Последние стихи мои, вероятно, уже вам известны. Но несмотря на то, позвольте мне поднести их вам. Я с большим удовольствием читал петербургские стихи о русской машине. Не Мальцева ли? Подбейте Тютчева подать голос в этом деле и написать опровержение по-французски всех бредней не только журналистики, но и Кларендона, и г-на Дрянь-да-и-лыс, как парижский Яков Толстой переводил на русские нравы имя Droyn de Lhuys.
Простите мне, что я так заговорился. Прошу передать мое душевное почтение графу принять уверение в моей особенной и неизменной преданности.
* * *6-е. Вчера был я у гоф-дамы Freystedt. Она была при маркграфине, матери императрицы Елисаветы Алексеевны, и помнит отъезд ее в Петербург. Елисавете Алексеевне было тогда 13 с небольшим лет, а сестре ее, которая была вместе с ней отправлена, менее 12.
Она читала мне несколько выписок из писем ее из Таганрога к матери, после кончины императора. Они чрезвычайно трогательны выражением скорби, покорности. Упоминая, как особенно в последнее время душа его прояснилась, возвысилась, еще более умягчилась любовью и благостью, она говорит, между прочим, что его душа просилась в вечность. Буду просить копии с этих выписок.
Старушка Фрейштедт знавала и помнит Шишкова, с которым игрывала она в бостон в Карлсруэ. Шишков, в записках своих о 1812 г. и о следующих годах, говорит о пребывании своем в Карлсруэ.

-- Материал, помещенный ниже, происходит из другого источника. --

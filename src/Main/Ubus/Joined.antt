-- ===== src/Main/Ubus/Joined.antt =====
-- The two threads of the program with ubus, up to the return of `main`.
use cpe_acs_connector_tr.Base.{
  ℕ, Bool, true, false, List, some, ◌≡◌, ◌⊎◌, inl, inr, refl, Bool-cases,
}
use cpe_acs_connector_tr.Platform.{Platform}
use cpe_acs_connector_tr.Daemon.{Daemon}
use cpe_acs_connector_tr.Daemon.Loop.{Inputs}
use cpe_acs_connector_tr.Daemon.Run.{returned, run}
use cpe_acs_connector_tr.Daemon.Run.Ending.{Stops, run-Stops}
use cpe_acs_connector_tr.UbusServer.{Ubus, new_server, initialize}
use cpe_acs_connector_tr.UbusServer.Lifecycle.{Connections, destroy-initialize}
use cpe_acs_connector_tr.Main.Ubus.{
  Phase, looping, joining, exited, Thread, absent, running, stopping, ended, Program, leave,
  launched, main, Step, daemon_returns, daemon_stops_loop, loop_returns, joined, Reached, begun,
  stepped,
}

module _ {S U : Type 0} (p : Platform S) (ubus : Ubus U) (known : Connections U ubus) where
  open known use {open_in}

  module _ (d : Daemon S) (bus : U) where
    -- A run that has returned this, with this daemon left.
    abbrev Ran : ℕ → Daemon S → Type 0
    Ran code d' = (inputs : List Inputs) × (run p inputs d ≡ some (returned code d'))

    abbrev ThreadFits : Thread S → ℕ → Type 0
    ThreadFits absent result = ⊥
    ThreadFits (running d') result = d ≡ d'
    ThreadFits (stopping d') result = Ran result d'
    ThreadFits (ended d') result = Ran result d'

    abbrev Result : ℕ → Thread S → Type 0
    Result code thread =
        (((initialize ubus new_server bus).0 ≡ false) × (code ≡ 1) × (thread ≡ absent))
        ⊎ (((initialize ubus new_server bus).0 ≡ true)
            × (d' : Daemon S) × (thread ≡ ended d')
            × Ran code d')

    abbrev Closed : Program S U → Type 0
    Closed g = (open_in g.bus ≡ open_in bus) × (g.server.instance ≡ false)

    -- What holds in each phase.
    abbrev Fits : Phase → Program S U → Type 0
    Fits (exited code) g = Closed g × Result code g.thread
    Fits _ g =
        (g.server ≡ (initialize ubus new_server bus).1)
        × (g.bus ≡ (initialize ubus new_server bus).2)
        × ((initialize ubus new_server bus).0 ≡ true)
        × ThreadFits g.thread g.result

    main-Fits : Fits (main ubus d bus).phase (main ubus d bus)
    unfolding main launched leave
    main-Fits =
        let cleaned = destroy-initialize ubus known bus in
        elim (Bool-cases (initialize ubus new_server bus).0) [
          | inl e ↦ rw e (refl, refl, e, refl)
          | inr e ↦ rw e ((cleaned.1, cleaned.2), inl (e, refl, refl))
        ]

    -- A step of the daemon's thread, from one thread and result to another.
    moved-Fits :
        (x : Phase) (g : Program S U) (thread : Thread S) (result : ℕ) (end_asked : Bool)
        → (ThreadFits g.thread g.result → ThreadFits thread result)
        → ((code : ℕ) → Result code g.thread → ⊥)
        → Fits x g
        → Fits x (record g { thread = thread; result = result; end_asked = end_asked })
    moved-Fits looping g thread result end_asked keeps not_over (server, bus_is, ready, fits) =
        (server, bus_is, ready, keeps fits)
    moved-Fits joining g thread result end_asked keeps not_over (server, bus_is, ready, fits) =
        (server, bus_is, ready, keeps fits)
    moved-Fits (exited code) g thread result end_asked keeps not_over (closed, is_over) =
        absurd (not_over code is_over)

    running-not_over : (code : ℕ) (d' : Daemon S) → Result code (running d') → ⊥
    running-not_over code d' (inl (_, _, e)) = cc
    running-not_over code d' (inr (_, _, e, _)) = cc

    stopping-not_over : (code : ℕ) (d' : Daemon S) → Result code (stopping d') → ⊥
    stopping-not_over code d' (inl (_, _, e)) = cc
    stopping-not_over code d' (inr (_, _, e, _)) = cc

    step-Fits : (g g' : Program S U) → Step ubus p g g' → Fits g.phase g → Fits g'.phase g'
    unfolding leave
    step-Fits g _ (daemon_returns d0 d' inputs code e r) h =
        moved-Fits g.phase g (stopping d') code g.end_asked (rw e (λ same. (inputs, rw same r)))
          (rw e (λ c. running-not_over c d0)) h
    step-Fits g _ (daemon_stops_loop d' e) h =
        moved-Fits g.phase g (ended d') g.result true (rw e (λ ran. ran))
          (rw e (λ c. stopping-not_over c d')) h
    step-Fits g _ (loop_returns e) h = rw e at h
    step-Fits g _ (joined d' e over) h =
        let (server, bus_is, ready, fits) = rw e at h in
        let cleaned = destroy-initialize ubus known bus in
        (rw (server, bus_is) (cleaned.1, cleaned.2), inr (ready, d', over, rw over at fits))

    reached-Fits : (g : Program S U) → Reached ubus p d bus g → Fits g.phase g
    reached-Fits _ begun = main-Fits
    reached-Fits _ (stepped {g = g} {g' = g'} before step) =
        step-Fits g g' step (reached-Fits g before)

    -- How the program can end.
    abbrev pub Exits : ℕ → Thread S → Type 0
    Exits code thread =
        ((code ≡ 1) × (((initialize ubus new_server bus).0 ≡ false) ⊎ (p.ready ≡ false)))
        ⊎ ((d' : Daemon S) × (thread ≡ ended d') × Stops p code d')

    Result-Exits : (code : ℕ) (thread : Thread S) → Result code thread → Exits code thread
    Result-Exits code thread (inl (failed, code_is, _)) = inl (code_is, inl failed)
    Result-Exits code thread (inr (_, d', over, (inputs, ran))) =
        elim (run-Stops p inputs d d' code ran) [
          | inl (unready, code_is, _) ↦ inl (code_is, inr unready)
          | inr (_, stops) ↦ inr (d', over, stops)
        ]

    -- When `main` returns, in whatever order the two threads have moved, no connection to the bus
    -- is open that was not open before and no pointer to the server is left, and either it returns
    -- 1, and the bus refused the server or the transformer was not ready, or it returns 0, the
    -- daemon's thread has ended, a stop was asked for, and no server for Connection Requests
    -- listens.
    pub main-Exits :
        (g : Program S U) (code : ℕ)
        → Reached ubus p d bus g
        → g.phase ≡ exited code
        → (open_in g.bus ≡ open_in bus) × (g.server.instance ≡ false) × Exits code g.thread
    main-Exits g code reached e =
        let ((same, gone), result) = rw e at (reached-Fits g reached) in
        (same, gone, Result-Exits code g.thread result)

По одному из писем императрицы видно, что она не соглашалась возвратиться в Петербург и отклонила предложение императрицы Марии Федоровны занять прежние покои свои в Зимнем дворце. Из Карлсруэ выехала она в Стутгарт, но, подъезжая к городу, встретила посланного ей от короля, который просил ее не ехать далее. Она не могла постигнуть причины тому и только позднее узнала, что в этот самый день скончалась королева Екатерина Павловна, к которой ехала она для свидания. Я в то время приезжал из Варшавы в Петербург, и при представлении моем императору говорил он мне с благодарностью о сердечном участии, принятом Карамзиным в скорби его. Для характеристики времени и общества можно заметить, что по случаю траура, наложенного при дворе, в городе не давали балов, но на вечерах танцевали без музыки, между прочим у князя Федора Сергеевича Голицына.
* * *13 (25) февраля. Представлялся сегодня маркграфу Вильгельму. Добродушный и благоразумный старик.
Он взят был в плен в Лейпцигском сражении и тогда в первый раз видел императора Александра. Он признался мне, что это знакомство в подобных обстоятельствах было для него довольно затруднительно и неприятно; но император ласковым приемом своим тотчас ободрил его, оценил справедливо критическое положение Баденского герцогства, которое не могло уже действовать независимо, имея Францию на плечах своих.